It is fitting for us to wrap up our work here in Pennsylvania on Christian History by doing this issue on Bernard of Clairvaux. We have wanted to overcome the common imbalance—which many of you have pointed out to us—that would seem to suggest that worthwhile history, with a few exceptions, began with the Reformation. Bernard, a man Luther and Calvin greatly admired, defies such a notion, and he represents a long and deep tradition that has contributed a great deal to the Church. Though Bernard stands out as an exemplar of Catholic monasticism, his pronounced loving devotion to Jesus Christ as Lord and Saviour and to the divine authority of Scripture transcends easy categories and gets to the heart of what the Christian faith is all about.
Bernard, the man of humility, is one of the great figures in Church history. He is nevertheless a figure who represents the “contradictions” of his age, and tensions that are still highly relevant today. He was a man of contemplative quiet, peace, and seclusion, a writer of the loftiest words on loving God who also vigorously promoted a Christian “holy war,” the Second Crusade, and who worked for political goals and the legal condemnation of heretics. It has been a key motif of our intention in publishing Christian History to encourage us all to realize that our collective heritage contains much to be thankful for, and much to be sorry for. We are all the body of Christ—or as Bernard might prefer to say, the Bride of Christ—and we all share in the glories and faults of our family. An important lesson to be learned here is that although we may regret many of Bernard’s actions, we should not judge him or any person, by the standards, values, and “enlightened insights,” of any age but his own; and the medieval world is a very difficult one for us to fathom (to say the least). And before we jump to criticize him with Bible verses, we must grapple with the fact that he had a profound and intimate mastery of the Bible. Indeed, his life was a religious experience saturated with Holy Scripture.

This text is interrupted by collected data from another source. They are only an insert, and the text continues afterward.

-- ===== src/Machine/Kv.antt =====
-- `KeyValueStore` of src/state_machine/kv.rs.
use Prim.Native.Char.{code}
use Prim.Native.String.{◌++◌}
use text.Mathlib.Text.{◌==◌}
use raft_vibe.Prelude.{
  ℕ, zero, suc, String, Option, none, some, List, [], ◌∷◌, Result, ok, err, if◌then◌else◌,
  ◌==◌ as same_code,
}
use raft_vibe.Types.{ApplyResult, Bytes, noop_command}
use raft_vibe.Machine.{Machine}
use raft_vibe.Machine.Dict
use raft_vibe.Machine.Dict.{Dict}

pub record KeyValueStore : Type 0 where
  pub entries : Dict

-- A text up to its first space, and what follows that space.
unfoldable pub split_first : String → String × Option String
split_first String.[] = (String.[], none)
split_first (String.◌∷◌ c s) =
    let (a, rest) = split_first s in
    if same_code (code c) b' ' then (String.[], some s) else (String.◌∷◌ c a, rest)

-- `str::splitn(n, ' ')`
unfoldable pub splitn : ℕ → String → List String
unfolding split_first
splitn zero s = []
splitn (suc zero) s = s ∷ []
splitn (suc (suc n)) s =
    let (a, rest) = split_first s in elim rest [ none ↦ a ∷ [] | some t ↦ a ∷ splitn (suc n) t ]

abbrev pub unknown_command : String → String
unknown_command command = "unknown command: " ++ command

validate_parts : String → List String → Result String (Unit {0})
validate_parts command (verb ∷ key ∷ value ∷ []) =
    if verb == "SET" then ok tt else err (unknown_command command)
validate_parts command (verb ∷ key ∷ []) =
    if verb == "DELETE" then ok tt else err (unknown_command command)
validate_parts command _ = err (unknown_command command)

unfoldable pub validate : KeyValueStore → String → Result String (Unit {0})
unfolding validate_parts
validate kv command =
    if command == noop_command then ok tt else validate_parts command (splitn 3 command)

apply_parts : KeyValueStore → String → List String → ApplyResult × KeyValueStore
apply_parts kv command (verb ∷ key ∷ value ∷ []) =
    if verb == "SET"
    then (ok "", record { entries = Dict.put kv.entries key value })
    else (err (unknown_command command), kv)
apply_parts kv command (verb ∷ key ∷ []) =
    if verb == "DELETE"
    then elim (Dict.get kv.entries key) [
      | some _ ↦ (ok "", record { entries = Dict.remove kv.entries key })
      | none ↦ (err "NOT_FOUND", kv)
    ]
    else (err (unknown_command command), kv)
apply_parts kv command _ = (err (unknown_command command), kv)

unfoldable pub apply : KeyValueStore → String → ApplyResult × KeyValueStore
unfolding apply_parts
apply kv command =
    if command == noop_command then (ok "", kv) else apply_parts kv command (splitn 3 command)

-- `KeyValueStore::get`
unfoldable pub get : KeyValueStore → String → Option String
get kv key = Dict.get kv.entries key

-- `serde_json` on the map; an error by its text.
pub record Json : Type 0 where
  pub to_vec : Dict → Result String Bytes
  pub from_slice : Bytes → Result String Dict

abbrev snapshot_result : Result String Bytes → Result String Bytes
snapshot_result (ok bytes) = ok bytes
snapshot_result (err e) = err ("snapshot serialization failed: " ++ e)

abbrev restore_result :
    KeyValueStore → Result String Dict → Result String (Unit {0}) × KeyValueStore
restore_result kv (ok d) = (ok tt, record { entries = d })
restore_result kv (err e) = (err ("snapshot deserialization failed: " ++ e), kv)

module _ (json : Json) where
  unfoldable pub snapshot : KeyValueStore → Result String Bytes
  snapshot kv = snapshot_result (json.to_vec kv.entries)

  unfoldable pub restore : KeyValueStore → Bytes → Result String (Unit {0}) × KeyValueStore
  restore kv bytes = restore_result kv (json.from_slice bytes)

  abbrev pub kv_machine : Machine KeyValueStore
  kv_machine = record { validate = validate; apply = apply; snapshot = snapshot; restore = restore }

Bernard should cause us to consider the concessions we have made as Christians to the pattern of this world. Though many of us may not have considered the monastic life of contemplation as a viable vocation, we desperately need to reconsider how much of a still, quiet place we have uncompromisingly reserved in our lives for communion with our Lord. Do we not more likely simply try to fit God into the rat-race scheme of our lives—lives devoted to personal achievement? For all our flurry of “service” and religious activities, are we a generation to which God, though he might not say “I never knew you” (Matt 7:23), could say “I hardly knew you.” Would we dare to say that our communion with God and the priority we give it is the true indicator of our love for him? When it comes to the school of spiritual devotion, Bernard’s example casts most of us as distracted kindergarten children, and it has nothing to do with “works righteousness,” but everything to do with the command to love God with all our hearts, souls, and strength.
From across the centuries, from a distant, even alien medieval world, Bernard of Clairvaux comes to us and can help us. Thank God for Bernard’s wisdom, more valuable than gold, sweeter than honey. Thinking ourselves rich and full, we are poor and starving for it.
“Go out into the field of your Lord and consider how even today it abounds in thorns and thistles in fulfillment of the ancient curse. Go out, I say, into the world, for the field is the world and it is entrusted to you. Go out into it not as a lord, but as a steward, to oversee and to manage that for which you must render an account. Go out, I should have said, with careful responsibility and responsible care.”